What this task involves → Below are the entries; give again exactly the lines from the one mentioning "2712 s' ≡ (ok tt, s''))" through the one mentioning "(geometry_of default_config), s₁))", inclusive.
*** Opening Records for the task ***
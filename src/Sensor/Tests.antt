-- ===== src/Sensor/Tests.antt =====
-- A bus with a sensor that keeps its registers, one whose transfers fail, and the theorems on them.
use podbay_camera_firmware.Prelude.{
  ℕ, ◌+◌, ◌*◌, ◌≡◌, refl, List, [], ◌∷◌, ◌==◌, if◌then◌else◌, arith, ok, err, transfer,
}
use podbay_camera_firmware.Device.{M, I2c}
use podbay_camera_firmware.Config.{
  Config, default_config, Geometry, geometry_of, physical_width, physical_height,
}
use podbay_camera_firmware.Sensor.{
  full_raw_registers, geometry_registers, full_raw_expected, clamp_coarse,
}
use podbay_camera_firmware.Sensor.Driver.{
  write_register, verify_full_raw_mode, verify_scaled_global_mode, apply_full_raw_mode,
  set_origin_live, set_exposure, prepare_geometry_live, restart_geometry_live, checked_physical,
  is_not_live, exceeds_array, write_all,
}
use podbay_camera_firmware.Sensor.Registers.{RegisterFile, update, assign}
use podbay_camera_firmware.Sensor.Attest.{apply-verify_full_raw_mode}
use podbay_camera_firmware.Sensor.Live.{set_origin_live-attested}
use podbay_camera_firmware.Sensor.Retune.{retune_fine-attested, retune_scaled-attested}
use podbay_camera_firmware.Sensor.Hold.{Released, changes-Released, prepare_geometry_live_restarts}

-- The registers and the one selected.
abbrev Chip : Type 0
Chip = (ℕ → ℕ) × ℕ

abbrev chip_send : List ℕ → M Chip (Unit {0})
chip_send (h ∷ l ∷ v ∷ []) (registers, selected) =
    (ok tt, (update registers (h * 256 + l) v, selected))
chip_send (h ∷ l ∷ []) (registers, selected) = (ok tt, (registers, h * 256 + l))
chip_send _ s = (err (transfer 5), s)

abbrev chip_receive : M Chip ℕ
chip_receive (registers, selected) = (ok (registers selected), (registers, selected))

abbrev chip_bus : I2c
chip_bus = record { State = Chip; send = chip_send; receive = chip_receive }

abbrev chip_file : RegisterFile chip_bus
chip_file = record {
  content = λ s. s.0;
  after_write = λ h l v s. (update s.0 (h * 256 + l) v, s.1);
  after_read = λ h l s. (s.0, h * 256 + l);
  write_ok = λ h l v s. refl;
  write_sets = λ h l v s r. refl;
  read_ok = λ h l s. refl;
  read_keeps = λ h l s r. refl;
}

abbrev blank : Chip
blank = ((λ r. 0), 0)

abbrev eye_band : Geometry
eye_band = record { width = 7680; height = 576; binning = 1; scale = 1 }

apply-verify_full_raw_mode_example :
    (s' s'' : Chip) × (apply_full_raw_mode chip_bus eye_band 160 2712 blank ≡ (ok tt, s'))
    × (verify_full_raw_mode chip_bus eye_band 160 2712 s' ≡ (ok tt, s''))
unfolding physical_width physical_height
apply-verify_full_raw_mode_example =
    apply-verify_full_raw_mode chip_bus chip_file eye_band 160 2712 blank refl (omega arith)

-- The sensor as `apply_full_raw_mode` leaves it.
abbrev running : Chip
running = (assign (full_raw_registers eye_band 160 2712) (λ r. 0), 0)

set_origin_live-attested_example :
    (s' s'' : Chip) × (set_origin_live chip_bus eye_band 160 2000 running ≡ (ok tt, s'))
    × (verify_full_raw_mode chip_bus eye_band 160 2000 s' ≡ (ok tt, s''))
unfolding full_raw_registers full_raw_expected physical_width physical_height
set_origin_live-attested_example =
    set_origin_live-attested chip_bus chip_file eye_band 160 2712 160 2000 running refl refl
      (omega arith) (omega arith)

retune_fine-attested_example :
    (s₁ s₂ s₃ : Chip) × (prepare_geometry_live chip_bus default_config running
      ≡ (ok (geometry_of default_config), s₁))
    × (restart_geometry_live chip_bus s₁ ≡ (ok tt, s₂))
    × (verify_full_raw_mode chip_bus (geometry_of default_config) 3500 2500 s₂ ≡ (ok tt, s₃))
unfolding full_raw_registers
retune_fine-attested_example =
    retune_fine-attested chip_bus chip_file default_config running refl (omega arith) refl
      (omega arith)

abbrev scaled : Config
scaled = record default_config {
  tile_width = 1000;
  tile_height = 750;
  initial_x = 0;
  initial_y = 0;
  sensor_binning = 4;
  sensor_scale = 2;
}

retune_scaled-attested_example :
    (s₁ s₂ s₃ : Chip) × (prepare_geometry_live chip_bus scaled running
      ≡ (ok (geometry_of scaled), s₁))
    × (restart_geometry_live chip_bus s₁ ≡ (ok tt, s₂))
    × (verify_scaled_global_mode chip_bus (geometry_of scaled) s₂ ≡ (ok tt, s₃))
retune_scaled-attested_example =
    retune_scaled-attested chip_bus chip_file scaled running refl (omega arith) refl refl refl refl
      refl refl

-- A bus on which only the first transfer succeeds.
abbrev failing_bus : I2c
failing_bus = record {
  State = ℕ;
  send = λ message n. if n == 0 then (ok tt, 1) else (err (transfer 5), n + 1);
  receive = λ n. (err (transfer 5), n + 1);
}

changes-Released_example :
    Released failing_bus (set_exposure failing_bus 700 650 994 0)
    × Released failing_bus (set_origin_live failing_bus eye_band 160 2000 0)
unfolding write_register clamp_coarse physical_width physical_height
changes-Released_example =
    changes-Released failing_bus eye_band 160 2000 700 650 994 650 0 1 refl refl (omega arith)

prepare_geometry_live_restarts_example :
    (before : ℕ) × ((prepare_geometry_live failing_bus default_config 0).1
      ≡ (write_register failing_bus 0x0100 0x01 before).1)
unfolding write_register clamp_coarse is_not_live checked_physical exceeds_array
    prepare_geometry_live write_all geometry_registers
prepare_geometry_live_restarts_example =
    prepare_geometry_live_restarts failing_bus default_config 1000 1000 650 (transfer 5) 0 1 refl
      refl refl refl refl refl refl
*** Closing Records for the task ***
Exercise solution →
    × (verify_full_raw_mode chip_bus eye_band 160 2712 s' ≡ (ok tt, s''))
unfolding physical_width physical_height
apply-verify_full_raw_mode_example =
    apply-verify_full_raw_mode chip_bus chip_file eye_band 160 2712 blank refl (omega arith)

-- The sensor as `apply_full_raw_mode` leaves it.
abbrev running : Chip
running = (assign (full_raw_registers eye_band 160 2712) (λ r. 0), 0)

set_origin_live-attested_example :
    (s' s'' : Chip) × (set_origin_live chip_bus eye_band 160 2000 running ≡ (ok tt, s'))
    × (verify_full_raw_mode chip_bus eye_band 160 2000 s' ≡ (ok tt, s''))
unfolding full_raw_registers full_raw_expected physical_width physical_height
set_origin_live-attested_example =
    set_origin_live-attested chip_bus chip_file eye_band 160 2712 160 2000 running refl refl
      (omega arith) (omega arith)

retune_fine-attested_example :
    (s₁ s₂ s₃ : Chip) × (prepare_geometry_live chip_bus default_config running
      ≡ (ok (geometry_of default_config), s₁))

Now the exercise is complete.